- [WORK REQUEST] From the entries below, copy every line that holds the word "promoted".

- [SUPPLIED INFORMATION]
BEGIN
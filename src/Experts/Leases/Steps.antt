-- ===== src/Experts/Leases/Steps.antt =====
-- The steps of a move leave the experts alone, or write one that no lease holds.
use hypermoe_engine.Base.{
  ℕ, ◌≡◌, refl, ◌∙◌, Bool, true, false, Option, none, some, arith, Bool-cases, Option-cases, inl,
  inr, ◌==◌, ==→eq,
}
use hypermoe_engine.Base.Outcome.{Outcome, ok, throws}
use hypermoe_engine.Base.Map.{lookup, put, lookup-put}
use hypermoe_engine.Memory.Tier.{Tier}
use hypermoe_engine.Memory.Manager.{Allocation}
use hypermoe_engine.Memory.Manager
use hypermoe_engine.Cache.Policy.{CachePolicy}
use hypermoe_engine.Experts.State
use hypermoe_engine.Experts.State.{
  ManagedExpert, ExpertManager, Transfers, TransferRequest, M, key, require_expert, write_expert,
  give_back,
}
use hypermoe_engine.Experts.Steps.{
  Payload, granted_or, reserve_memory, transfer, or_give_back, guarded, replace_allocation, place,
  evicted_from, promoted, settle, cold, unload, release_then,
}
use hypermoe_engine.Experts.Moves.{fetch}
use hypermoe_engine.Experts.Leases.{Stays, Stays-refl, Follows, Follows-same, Follows-refl, Safe}

place-Stays :
    (e : ManagedExpert) (tier : Tier) (a : Option Allocation) (w d : Option State.Buffer)
    → e.residency_leases ≡ 0
    → Stays e (record e {
      metadata = record e.metadata { location = tier };
      allocation = a;
      weights = w;
      device_weights = d;
    })
place-Stays e tier a w d free = record {
  leases = refl;
  policy_id = refl;
  layer = refl;
  id = refl;
  size_bytes = refl;
  held = λ h. absurd (omega (arith, free));
}

module _ {P : CachePolicy} where
  -- The experts stay as they are.
  pub record Quiet {A : Type 0} (m : M P A) : Type 0 where
    pub at : (s : ExpertManager P) → (m s).1.experts ≡ s.experts

  pub Quiet-Safe : {A : Type 0} {Pre : ExpertManager P → Type 0} (m : M P A) → Quiet m → Safe Pre m
  Quiet-Safe m q = record { at = λ s p. Follows-same s (m s).1 (q.at s) }

  pub require-Quiet : (layer id : ℕ) → Quiet (require_expert {P = P} layer id)
  unfolding require_expert
  require-Quiet layer id = record { at = λ s. ground arith }

  pub reserve-Quiet : (t : Tier) (n : ℕ) → Quiet (reserve_memory {P = P} t n)
  unfolding reserve_memory
  reserve-Quiet t n = record { at = λ s. go (Manager.allocate s.memory t n) s }
    where
      go :
          (o : Outcome (Option Allocation × Manager.MemoryManager)) (s : ExpertManager P)
          → (granted_or o s).1.experts ≡ s.experts
      go (throws e) s = refl
      go (ok (none, m)) s = refl
      go (ok (some a, m)) s = refl

  pub transfer-Quiet : (t : Transfers) (r : TransferRequest) → Quiet (transfer {P = P} t r)
  unfolding transfer
  transfer-Quiet t r = record { at = λ s. refl }

  pub guarded-Quiet : {A : Type 0} (id : ℕ) (m : M P A) → Quiet m → Quiet (guarded id m)
  unfolding guarded
  guarded-Quiet id m q = record { at = λ s. go (m s).0 (m s).1 ∙ q.at s }
    where
      go :
          {A : Type 0} (o : Outcome A) (s : ExpertManager P)
          → (or_give_back id o s).1.experts ≡ s.experts
      go (ok a) s = refl
      go (throws e) s = refl

  pub replace-Quiet : (o : Option Allocation) (id : ℕ) → Quiet (replace_allocation {P = P} o id)
  unfolding replace_allocation
  replace-Quiet none id = record { at = λ s. refl }
  replace-Quiet (some a) id = record { at = λ s. ground arith }

  pub fetch-Quiet : (e : ManagedExpert) (a b : Tier) (id : ℕ) → Quiet (fetch {P = P} e a b id)
  unfolding fetch
  fetch-Quiet e a b id = record { at = λ s. ground arith }

  -- A write to an expert that no lease holds, of its place alone.
  pub write-Follows :
      (s t : ExpertManager P) (k : ℕ) (e x : ManagedExpert)
      → lookup k s.experts ≡ some e
      → Stays e x
      → t.experts ≡ put k x s.experts
      → Follows s t
  write-Follows s t k e x here stays written = record {
    at = λ j d there. elim (Bool-cases (k == j)) [
      | inl same ↦
          (x, rw (written, lookup-put k j x s.experts, same), go j d there (==→eq k j same))
      | inr other ↦ (d, rw (written, lookup-put k j x s.experts, other) there, Stays-refl d)
    ];
  }
    where
      go : (j : ℕ) (d : ManagedExpert) → lookup j s.experts ≡ some d → k ≡ j → Stays d x
      go j d there same =
          let same_expert : d ≡ e = ground (arith, there, here, same) in rw same_expert stays

  experts-evicted :
      (source : Tier) (e : ManagedExpert) (s : ExpertManager P)
      → (evicted_from source e s).experts ≡ s.experts
  unfolding evicted_from
  experts-evicted source e s = ground arith

  experts-promoted : (t : Tier) (s : ExpertManager P) → (promoted t s).experts ≡ s.experts
  unfolding promoted
  experts-promoted t s = ground arith

  -- The commit of a move.
  pub place-Follows :
      (s u : ExpertManager P) (layer id : ℕ) (e : ManagedExpert) (tier : Tier)
      (a : Option Allocation) (p : Payload)
      → u.experts ≡ s.experts
      → lookup (key layer id) s.experts ≡ some e
      → e.residency_leases ≡ 0
      → Follows s (place layer id e tier a p u)
  unfolding place
  place-Follows s u layer id e tier a p same here free =
      write-Follows s (place layer id e tier a p u) (key layer id) e _ here
        (place-Stays e tier a p.host p.device free) (rw same)

  pub settle-Follows :
      (s : ExpertManager P) (layer id : ℕ) (e : ManagedExpert) (source t : Tier) (a : Allocation)
      (p : Payload)
      → lookup (key layer id) s.experts ≡ some e
      → e.residency_leases ≡ 0
      → Follows s (settle layer id e source t a p s)
  unfolding settle
  settle-Follows s layer id e source t a p here free =
      place-Follows s (promoted t (evicted_from source e s)) layer id e t (some a) p
        (experts-promoted t (evicted_from source e s) ∙ experts-evicted source e s) here free

  pub cold-Follows :
      (s u : ExpertManager P) (layer id : ℕ) (e : ManagedExpert) (source : Tier)
      → u.experts ≡ s.experts
      → lookup (key layer id) s.experts ≡ some e
      → e.residency_leases ≡ 0
      → Follows s (cold layer id e source u).1
  unfolding cold
  cold-Follows s u layer id e source same here free =
      write-Follows s (cold layer id e source u).1 (key layer id) e _ here
        (place-Stays e Tier.nvme none none none free) (ground arith)

  pub unload-Follows :
      (s : ExpertManager P) (layer id : ℕ) (e : ManagedExpert) (source : Tier)
      → lookup (key layer id) s.experts ≡ some e
      → e.residency_leases ≡ 0
      → Follows s (unload layer id e source s).1
  unfolding unload
  unload-Follows s layer id e source here free = elim (Option-cases e.allocation) [
    | inl none_held ↦ rw (none_held, unload) (cold-Follows s s layer id e source refl here free)
    | inr (a, held) ↦ rw (held, unload) (go (Manager.release s.memory a.id))
  ]
    where
      go :
          (r : Manager.MemoryManager × Bool)
          → Follows s (release_then r (cold layer id e source) s).1
      go (m, true) = cold-Follows s (record s { memory = m }) layer id e source refl here free
      go (m, false) = Follows-refl s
END
- [RESULT OF THE EXERCISE]
  evicted_from, promoted, settle, cold, unload, release_then,
  experts-promoted : (t : Tier) (s : ExpertManager P) → (promoted t s).experts ≡ s.experts
  unfolding promoted
  experts-promoted t s = ground arith
      place-Follows s (promoted t (evicted_from source e s)) layer id e t (some a) p
        (experts-promoted t (evicted_from source e s) ∙ experts-evicted source e s) here free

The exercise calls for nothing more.